*REQUIREMENT:*
Return every line from the one with "unfolding all_fields trim_back" through the one with "trim_front-field [] s h = cc", inclusive, exactly as it appears below.

*MATERIAL FOR THIS TASK:*
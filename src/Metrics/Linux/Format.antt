-- ===== src/Metrics/Linux/Format.antt =====
-- The Linux reader (linux_metrics_reader.cpp) on lines of the form that the kernel writes.
use aegis_desk.Prelude.{
  ℕ, zero, suc, ◌+◌, ◌≡◌, ◌≤◌, ◌∙◌, refl, sym, ap, Bool, true, false, none, some, List, [], ◌∷◌,
  ◌++◌, ◌&&◌, not, ◌==◌, is_empty, length, arith, length-append,
}
use aegis_desk.Prelude.Text.{Str}
use aegis_desk.Prelude.Decimal.{decimal}
use aegis_desk.Prelude.Deque.{get_elem?}
use aegis_desk.Prelude.Numeral.{from_chars-decimal}
use aegis_desk.Prelude.Result.{ok}
use aegis_desk.Service.Id.{all_chars}
use aegis_desk.Metrics.Linux.Tokens.{
  is_space, trim, trim_front, trim_back, skip_blanks, token_of, after_token, split_from,
  split_whitespace, parse_unsigned,
}
use aegis_desk.Metrics.Linux.Words.{split_from-ends}
use aegis_desk.Metrics.Linux.Numbers.{uint64_max, add_without_overflow}
use aegis_desk.Metrics.Linux.Proc.{after_last_parenthesis, parse_field, parse_stat_line}

-- A field of a line: not empty, without white space or a closing parenthesis.
abbrev pub is_field_char : ℕ → Bool
is_field_char c = not (is_space c) && not (c == b')')

abbrev pub is_field : Str → Bool
is_field s = not (is_empty s) && all_chars is_field_char s

-- Fields, each behind a blank.
abbrev pub led : List Str → Str
led [] = []
led (w ∷ ws) = b' ' ∷ w ++ led ws

unfoldable pub all_fields : List Str → Bool
all_fields [] = true
all_fields (w ∷ ws) = is_field w && all_fields ws

token_of-led :
    (w : Str) (ws : List Str)
    → all_chars is_field_char w ≡ true
    → (token_of (w ++ led ws) ≡ w) × (after_token (w ++ led ws) ≡ led ws)
unfolding token_of after_token all_chars
token_of-led [] [] h = (refl, refl)
token_of-led [] (w ∷ ws) h = (refl, refl)
token_of-led (c ∷ w) ws h = ground (arith, token_of-led w ws)

skip_blanks-field : (w s : Str) → is_field w ≡ true → skip_blanks (w ++ s) ≡ w ++ s
unfolding skip_blanks all_chars
skip_blanks-field [] s h = cc
skip_blanks-field (c ∷ w) s h = ground arith

is_empty-field : (w s : Str) → is_field w ≡ true → is_empty (w ++ s) ≡ false
is_empty-field [] s h = cc
is_empty-field (c ∷ w) s h = refl

split_from-led :
    (ws : List Str) (fuel : ℕ)
    → length (led ws) ≤ fuel
    → all_fields ws ≡ true
    → split_from fuel (led ws) ≡ ws
unfolding split_from all_fields skip_blanks
split_from-led [] zero h k = refl
split_from-led [] (suc fuel) h k = refl
split_from-led (w ∷ ws) zero h k = absurd (omega arith)
split_from-led (w ∷ ws) (suc fuel) h k =
    let field : is_field w ≡ true = ground arith in
    let (token, after) = token_of-led w ws (ground arith) in
    rw
      (
        split_from,
        skip_blanks-field w (led ws) field,
        is_empty-field w (led ws) field,
        token,
        after,
        split_from-led ws fuel (omega (arith, h, length-append w (led ws))) (ground arith),
      )
      refl

split_from-word :
    (w : Str) (ws : List Str) (fuel : ℕ)
    → is_field w ≡ true
    → all_fields ws ≡ true
    → length (led ws) ≤ fuel
    → split_from (suc fuel) (w ++ led ws) ≡ w ∷ ws
unfolding split_from
split_from-word w ws fuel field h k =
    let (token, after) = token_of-led w ws (ground arith) in
    rw
      (
        split_from,
        skip_blanks-field w (led ws) field,
        is_empty-field w (led ws) field,
        token,
        after,
        split_from-led ws fuel k h,
      )
      refl

is_empty-led : (ws : List Str) → 20 ≤ length ws → is_empty (led ws) ≡ false
is_empty-led [] h = absurd (omega arith)
is_empty-led (w ∷ ws) h = refl

trim_back-field :
    (w s : Str) → all_chars is_field_char w ≡ true → trim_back s ≡ s → trim_back (w ++ s) ≡ w ++ s
unfolding trim_back all_chars
trim_back-field [] s h e = e
trim_back-field (c ∷ w) s h e = ground (arith, trim_back-field w s)

trim_back-led : (ws : List Str) → all_fields ws ≡ true → trim_back (led ws) ≡ led ws
unfolding all_fields trim_back
trim_back-led [] h = refl
trim_back-led (w ∷ ws) h =
    let rest = trim_back-field w (led ws) (ground arith) (trim_back-led ws (ground arith)) in
    let nonempty = is_empty-field w (led ws) (ground arith) in rw (trim_back, rest, nonempty) refl

trim_front-field : (w s : Str) → is_field w ≡ true → trim_front (b' ' ∷ w ++ s) ≡ w ++ s
unfolding trim_front all_chars
trim_front-field [] s h = cc
trim_front-field (c ∷ w) s h = ground arith

-- Trimming and splitting give the fields back.
split_whitespace-led :
    (ws : List Str) → all_fields ws ≡ true → split_whitespace (trim (led ws)) ≡ ws
unfolding trim all_fields split_whitespace split_from
split_whitespace-led [] h = refl
split_whitespace-led (w ∷ ws) h =
    let field : is_field w ≡ true = ground arith in
    let trimmed : trim (led (w ∷ ws)) ≡ w ++ led ws =
      ap trim_back (trim_front-field w (led ws) field)
      ∙ trim_back-field w (led ws) (ground arith) (trim_back-led ws (ground arith)) in
    let fuel = length (led ws) in
    rw trimmed (
      sym (split_from-ends (suc (length (w ++ led ws))) (w ++ led ws) (omega arith))
      ∙ split_from-word w ws (length (w ++ led ws)) field (ground arith)
          (omega (arith, length-append w (led ws))))

after_last_parenthesis-none :
    (w s : Str)
    → all_chars is_field_char w ≡ true
    → after_last_parenthesis s ≡ none
    → after_last_parenthesis (w ++ s) ≡ none
unfolding after_last_parenthesis all_chars
after_last_parenthesis-none [] s h e = e
after_last_parenthesis-none (c ∷ w) s h e = ground (arith, after_last_parenthesis-none w s)

after_last_parenthesis-led :
    (ws : List Str) → all_fields ws ≡ true → after_last_parenthesis (led ws) ≡ none
unfolding after_last_parenthesis all_fields
after_last_parenthesis-led [] h = refl
after_last_parenthesis-led (w ∷ ws) h =
    let rest =
      after_last_parenthesis-none w (led ws) (ground arith)
        (after_last_parenthesis-led ws (ground arith)) in
    rw (after_last_parenthesis, rest) refl

-- Whatever stands before the last parenthesis.
after_last_parenthesis-last :
    (head s : Str)
    → after_last_parenthesis s ≡ none
    → after_last_parenthesis (head ++ (b')' ∷ s)) ≡ some s
unfolding after_last_parenthesis
after_last_parenthesis-last [] s h = rw (after_last_parenthesis, h) refl
after_last_parenthesis-last (c ∷ head) s h =
    rw (after_last_parenthesis, after_last_parenthesis-last head s h) refl

parse_field-decimal :
    (fields : List Str) (i n : ℕ)
    → get_elem? fields i ≡ some (decimal n)
    → n ≤ uint64_max
    → parse_field fields i ≡ some n
unfolding parse_field parse_unsigned
parse_field-decimal fields i n e h =
    let read = from_chars-decimal 64 n (omega arith) in ground (arith, read, e)

-- A line of /proc/<pid>/stat, whatever the name of the process is (it may have blanks and
-- parenthesis): a head, a closing parenthesis and the fields, each behind a blank. The reader gives
-- the sum of the two processor times and the start time that stand in fields 11, 12 and 19, where
-- they are in the range of std::uint64_t.
pub parse_stat_line-format :
    (path head : Str) (fields : List Str) (utime stime start_time : ℕ)
    → all_fields fields ≡ true
    → 20 ≤ length fields
    → get_elem? fields 11 ≡ some (decimal utime)
    → get_elem? fields 12 ≡ some (decimal stime)
    → get_elem? fields 19 ≡ some (decimal start_time)
    → utime + stime ≤ uint64_max
    → start_time ≤ uint64_max
    → parse_stat_line path (head ++ (b')' ∷ led fields))
      ≡ ok (record { process_cpu_ticks = utime + stime; start_time_ticks = start_time })
unfolding parse_stat_line add_without_overflow
parse_stat_line-format path head fields utime stime start_time h k e11 e12 e19 sum start =
    let found =
      after_last_parenthesis-last head (led fields) (after_last_parenthesis-led fields h) in
    let split = split_whitespace-led fields h in
    let u = parse_field-decimal fields 11 utime e11 (omega arith) in
    let s = parse_field-decimal fields 12 stime e12 (omega arith) in
    let t = parse_field-decimal fields 19 start_time e19 start in
    ground (arith, found, split, u, s, t, is_empty-led fields k)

*FINISHED EXERCISE:*
unfolding all_fields trim_back
trim_back-led [] h = refl
trim_back-led (w ∷ ws) h =
    let rest = trim_back-field w (led ws) (ground arith) (trim_back-led ws (ground arith)) in
    let nonempty = is_empty-field w (led ws) (ground arith) in rw (trim_back, rest, nonempty) refl

trim_front-field : (w s : Str) → is_field w ≡ true → trim_front (b' ' ∷ w ++ s) ≡ w ++ s
unfolding trim_front all_chars
trim_front-field [] s h = cc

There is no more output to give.